Simon Willison’s Weblog

Subscribe

Gemini 2.0 Flash “Thinking mode”

19th December 2024

Those new model releases just keep on flowing. Today it’s Google’s snappily named gemini-2.0-flash-thinking-exp, their first entrant into the o1-style inference scaling class of models. I posted about a great essay about the significance of these just this morning.

From the Gemini model documentation:

Gemini 2.0 Flash Thinking Mode is an experimental model that’s trained to generate the “thinking process” the model goes through as part of its response. As a result, Thinking Mode is capable of stronger reasoning capabilities in its responses than the base Gemini 2.0 Flash model.

I just shipped llm-gemini 0.8 with support for the model. You can try it out using LLM like this:

llm install -U llm-gemini
# If you haven't yet set a gemini key:
llm keys set gemini
# Paste key here

llm -m gemini-2.0-flash-thinking-exp-1219 "solve a harder variant of that goat lettuce wolf river puzzle"

It’s a very talkative model—2,277 output tokens answering that prompt.

A more interesting example

The best source of example prompts I’ve found so far is the Gemini 2.0 Flash Thinking cookbook—a Jupyter notebook full of demonstrations of what the model can do.

My favorite so far is this one:

What's the area of the overlapping region?

Geometric diagram showing a blue circle with radius 3 intersected by a green right triangle. The triangle has side lengths of 6 and the right angled corner of the triangle is positioned on the central point of the circle.

This model is multi-modal!

Here’s how to run that example using llm-gemini:

llm -m gemini-2.0-flash-thinking-exp-1219 \
  -a https://storage.googleapis.com/generativeai-downloads/images/geometry.png \
  "What's the area of the overlapping region?"

Here’s the full response, complete with MathML working. The eventual conclusion:

The final answer is 9π/4

That’s the same answer as Google provided in their example notebook, so I’m presuming it’s correct. Impressive!

How about an SVG of a pelican riding a bicycle?

llm -m gemini-2.0-flash-thinking-exp-1219 \
  "Generate an SVG of a pelican riding a bicycle"

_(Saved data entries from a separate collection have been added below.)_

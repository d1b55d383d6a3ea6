-- ===== src/Tests.antt =====
-- Concrete data for the runs of the children: sets, a supply of identifiers, time stamps, a mounter.
mod Util
mod Cloud
mod Controller
mod Lifecycle
mod Expansion
mod Publish
mod Snapshots
mod Node
mod Machine
mod Mounts
mod Syncer
mod Classes
mod Convergence
mod Mount
mod Cmd
use cloudstack_csi_driver.Prelude.{
  ℕ, String, ◌<>◌, Bool, true, false, Option, none, some, List, [], ◌∷◌, ◌≡◌, ◌≢◌, refl, ◌=?◌,
  if◌then◌else◌, arith,
}
use cloudstack_csi_driver.Prelude.Int.{ℤ, pos}
use cloudstack_csi_driver.Prelude.Maps.{Map}
use cloudstack_csi_driver.Prelude.Strconv.{itoa}
use cloudstack_csi_driver.Prelude.Prog.{Prog, ok}
use cloudstack_csi_driver.Util.VolumeLocks.{Sets}
use cloudstack_csi_driver.Cloud.{Connector, Snapshot, Volume}
use cloudstack_csi_driver.Cloud.Fake.{
  FakeConnector, Supply, fake_connector, first_volume, new, fake_node,
}
use cloudstack_csi_driver.Driver.Controller.Snapshots.{Times}
use cloudstack_csi_driver.Driver.Controller.{Server, new_controller_server}
use cloudstack_csi_driver.Driver.Csi.{VolumeCapability, single_node_writer, mount}
use cloudstack_csi_driver.Mount.{Mounter, VolumeStatistics}
use cloudstack_csi_driver.Driver.Node.{NodeServer}

-- Sets as lists.
abbrev has : List String → String → Bool
has [] k = false
has (j ∷ s) k = if k =? j then true else has s k

abbrev delete : List String → String → List String
delete [] k = []
delete (j ∷ s) k = let rest = delete s k in if j =? k then rest else j ∷ rest

pub has-delete :
    (s : List String) (k j : String) → has (delete s k) j ≡ (if j =? k then false else has s j)
has-delete [] k j = ground arith
has-delete (x ∷ s) k j = ground (arith, has-delete s k j)

abbrev pub sets : Sets
sets = record {
  Set = List String;
  new = [];
  has = has;
  insert = λ s k. k ∷ s;
  delete = delete;
  has-new = λ k. refl;
  has-insert = λ s k j. refl;
  has-delete = has-delete;
}

abbrev values : Map Snapshot → List Snapshot
values [] = []
values ((k, v) ∷ m) = v ∷ values m

abbrev pub supply : Supply
supply = record { uuid = λ n. "id-" <> itoa n; visit = values }

abbrev pub cloud : Connector
cloud = fake_connector supply

abbrev pub times : Times
times = record { Time = String; zero_time = ""; parse = λ s. some s }

-- A machine that records what is done to it.
abbrev did : {A : Type 0} → A → String → Prog (Unit {0}) (List String) A
did a text s = ok a (text ∷ s)

abbrev sees : {A : Type 0} → A → Prog (Unit {0}) (List String) A
sees a s = ok a s

abbrev no_statistics : VolumeStatistics
no_statistics = record {
  available_bytes = pos 0;
  total_bytes = pos 0;
  used_bytes = pos 0;
  available_inodes = pos 0;
  total_inodes = pos 0;
  used_inodes = pos 0;
}

-- `device` is what is mounted anywhere, `refs` times.
abbrev pub mounter : String → ℤ → Bool → Mounter
mounter device refs not_mount = record {
  State = List String;
  Error = Unit {0};
  is_not_exist = λ e. false;
  is_corrupted_mnt = λ e. false;
  format_and_mount = λ source target fs_type options. did tt "format";
  mount = λ source target fs_type options. did tt "mount";
  get_block_size_bytes = λ path. sees (pos 1073741824);
  get_device_path = λ id. sees "/dev/vdb";
  get_device_name = λ path. sees (device, refs);
  get_statistics = λ path. sees no_statistics;
  is_block_device = λ path. sees false;
  is_likely_not_mount_point = λ path. sees not_mount;
  make_dir = λ path. did tt "mkdir";
  make_file = λ path. did tt "touch";
  need_resize = λ source target. sees true;
  path_exists = λ path. sees true;
  resize = λ source target. did true "resize";
  unpublish = λ path. did tt "unpublish";
  unstage = λ path. did tt "unstage";
  remove = λ path. did tt "remove";
}

abbrev pub capability : VolumeCapability
capability = record {
  access_mode = some single_node_writer;
  access_type = mount "EXT4" ("noatime" ∷ "ro" ∷ "noatime" ∷ []);
}

-- A volume that is attached to a machine.
abbrev pub attached : Volume
attached = record first_volume { virtual_machine_id = fake_node.id; device_id = "2" }

abbrev pub attached_cloud : FakeConnector
attached_cloud = record {
  volumes_by_id = (attached.id, attached) ∷ [];
  volumes_by_name = (attached.name, attached) ∷ [];
  snapshots_by_id = [];
  snapshots_by_name = [];
  drawn = 0;
}

abbrev pub server : FakeConnector → Server sets cloud
server c = new_controller_server sets cloud c

pub differs : (s t : String) → (s =? t) ≡ false → s ≢ t
differs s t h e = ground arith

Here’s the full response. Interestingly it slightly corrupted the start of its answer:

This thought process involves a combination of visual thinking, knowledge of SVG syntax, and iterative refinement. The key is to break down the problem into manageable parts and build up the image piece by piece. Even experienced SVG creators often go through several adjustments before arriving at the final version.00" height="250" viewBox="0 0 300 250" fill="none" xmlns="http://www.w3.org/2000/svg">
<g>
<!-- Bicycle Frame -->

After I manually repaired that to add the <svg opening tag I got this:

The bicycle has two wheels but looks more like a pram. The pelican has a good orange beak but its wings are triangles that are oddly positioned.

So maybe not an artistic genius, but it’s interesting to read through its chain of thought for that task.

Who’s next?

It’s very clear now that inference scaling is the next big area of research for the large labs. We’ve seen models from OpenAI (o1), Qwen (QwQ), DeepSeek (DeepSeek-R1-Lite-Preview) and now Google Gemini. I’m interested to hear if Anthropic or Meta or Mistral or Amazon have anything cooking in this category.